Work task. Scan the records below for the word "MemoryRange". Copy each line where it appears.

+++ Supplied data

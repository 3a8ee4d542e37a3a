-- ===== src/Syscall/Replace.antt =====
-- What `replace_memory` of xous/xous-rs/src/syscall.rs keeps and what it changes.
use beet_core.Common.{◌≡◌, refl, Option, none, some}
use beet_core.Abi.Message.{
  MemoryRange, mutable_borrow, borrow, move, scalar, blocking_scalar, is_blocking,
}
use beet_core.Syscall.Call.{SysCall}
use beet_core.Syscall.Query.{
  has_memory, is_move, is_borrow, is_mutableborrow, is_return_memory, memory, replace_memory,
  can_call_from_interrupt,
}

-- The new memory, where there is memory.
abbrev pub in_place_of : Option MemoryRange → MemoryRange → Option MemoryRange
in_place_of none new = none
in_place_of (some old) new = some new

-- Two syscalls that answer the kernel's questions alike.
pub record SameKind (a b : SysCall) : Type 0 where
  pub memory_eq : has_memory a ≡ has_memory b
  pub move_eq : is_move a ≡ is_move b
  pub borrow_eq : is_borrow a ≡ is_borrow b
  pub mutableborrow_eq : is_mutableborrow a ≡ is_mutableborrow b
  pub return_eq : is_return_memory a ≡ is_return_memory b
  pub interrupt_eq : can_call_from_interrupt a ≡ can_call_from_interrupt b

abbrev Replaced : SysCall → MemoryRange → Type 0
Replaced call new =
    SameKind (replace_memory call new) call
    × (memory (replace_memory call new) ≡ in_place_of (memory call) new)

Replaced-refl :
    (call : SysCall) (new : MemoryRange)
    → replace_memory call new ≡ call
    → memory call ≡ none
    → Replaced call new
Replaced-refl call new e m = (
  record {
    memory_eq = rw e refl;
    move_eq = rw e refl;
    borrow_eq = rw e refl;
    mutableborrow_eq = rw e refl;
    return_eq = rw e refl;
    interrupt_eq = rw e refl;
  },
  rw e (rw m refl),
)

-- With its memory replaced a syscall has the new memory if it had any, and it is the same kind of
-- call: every other question about it has the same answer.
pub memory-replace_memory : (call : SysCall) (new : MemoryRange) → Replaced call new
unfolding has_memory is_move is_borrow is_mutableborrow is_return_memory memory replace_memory
    can_call_from_interrupt is_blocking
memory-replace_memory (SysCall.try_send_message cid (mutable_borrow x)) new = (
  record {
    memory_eq = refl;
    move_eq = refl;
    borrow_eq = refl;
    mutableborrow_eq = refl;
    return_eq = refl;
    interrupt_eq = refl;
  },
  refl,
)
memory-replace_memory (SysCall.try_send_message cid (borrow x)) new = (
  record {
    memory_eq = refl;
    move_eq = refl;
    borrow_eq = refl;
    mutableborrow_eq = refl;
    return_eq = refl;
    interrupt_eq = refl;
  },
  refl,
)
memory-replace_memory (SysCall.try_send_message cid (move x)) new = (
  record {
    memory_eq = refl;
    move_eq = refl;
    borrow_eq = refl;
    mutableborrow_eq = refl;
    return_eq = refl;
    interrupt_eq = refl;
  },
  refl,
)
memory-replace_memory (SysCall.try_send_message cid (scalar x)) new = (
  record {
    memory_eq = refl;
    move_eq = refl;
    borrow_eq = refl;
    mutableborrow_eq = refl;
    return_eq = refl;
    interrupt_eq = refl;
  },
  refl,
)
memory-replace_memory (SysCall.try_send_message cid (blocking_scalar x)) new = (
  record {
    memory_eq = refl;
    move_eq = refl;
    borrow_eq = refl;
    mutableborrow_eq = refl;
    return_eq = refl;
    interrupt_eq = refl;
  },
  refl,
)
memory-replace_memory (SysCall.send_message cid (mutable_borrow x)) new = (
  record {
    memory_eq = refl;
    move_eq = refl;
    borrow_eq = refl;
    mutableborrow_eq = refl;
    return_eq = refl;
    interrupt_eq = refl;
  },
  refl,
)
memory-replace_memory (SysCall.send_message cid (borrow x)) new = (
  record {
    memory_eq = refl;
    move_eq = refl;
    borrow_eq = refl;
    mutableborrow_eq = refl;
    return_eq = refl;
    interrupt_eq = refl;
  },
  refl,
)
memory-replace_memory (SysCall.send_message cid (move x)) new = (
  record {
    memory_eq = refl;
    move_eq = refl;
    borrow_eq = refl;
    mutableborrow_eq = refl;
    return_eq = refl;
    interrupt_eq = refl;
  },
  refl,
)
memory-replace_memory (SysCall.send_message cid (scalar x)) new = (
  record {
    memory_eq = refl;
    move_eq = refl;
    borrow_eq = refl;
    mutableborrow_eq = refl;
    return_eq = refl;
    interrupt_eq = refl;
  },
  refl,
)
memory-replace_memory (SysCall.send_message cid (blocking_scalar x)) new = (
  record {
    memory_eq = refl;
    move_eq = refl;
    borrow_eq = refl;
    mutableborrow_eq = refl;
    return_eq = refl;
    interrupt_eq = refl;
  },
  refl,
)
memory-replace_memory (SysCall.return_memory sender range offset valid) new = (
  record {
    memory_eq = refl;
    move_eq = refl;
    borrow_eq = refl;
    mutableborrow_eq = refl;
    return_eq = refl;
    interrupt_eq = refl;
  },
  refl,
)
memory-replace_memory (SysCall.flush_cache range op) new = (
  record {
    memory_eq = refl;
    move_eq = refl;
    borrow_eq = refl;
    mutableborrow_eq = refl;
    return_eq = refl;
    interrupt_eq = refl;
  },
  refl,
)
memory-replace_memory call new = Replaced-refl call new refl refl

++++++

Solution for this task.
  MemoryRange, mutable_borrow, borrow, move, scalar, blocking_scalar, is_blocking,
abbrev pub in_place_of : Option MemoryRange → MemoryRange → Option MemoryRange
abbrev Replaced : SysCall → MemoryRange → Type 0
    (call : SysCall) (new : MemoryRange)
pub memory-replace_memory : (call : SysCall) (new : MemoryRange) → Replaced call new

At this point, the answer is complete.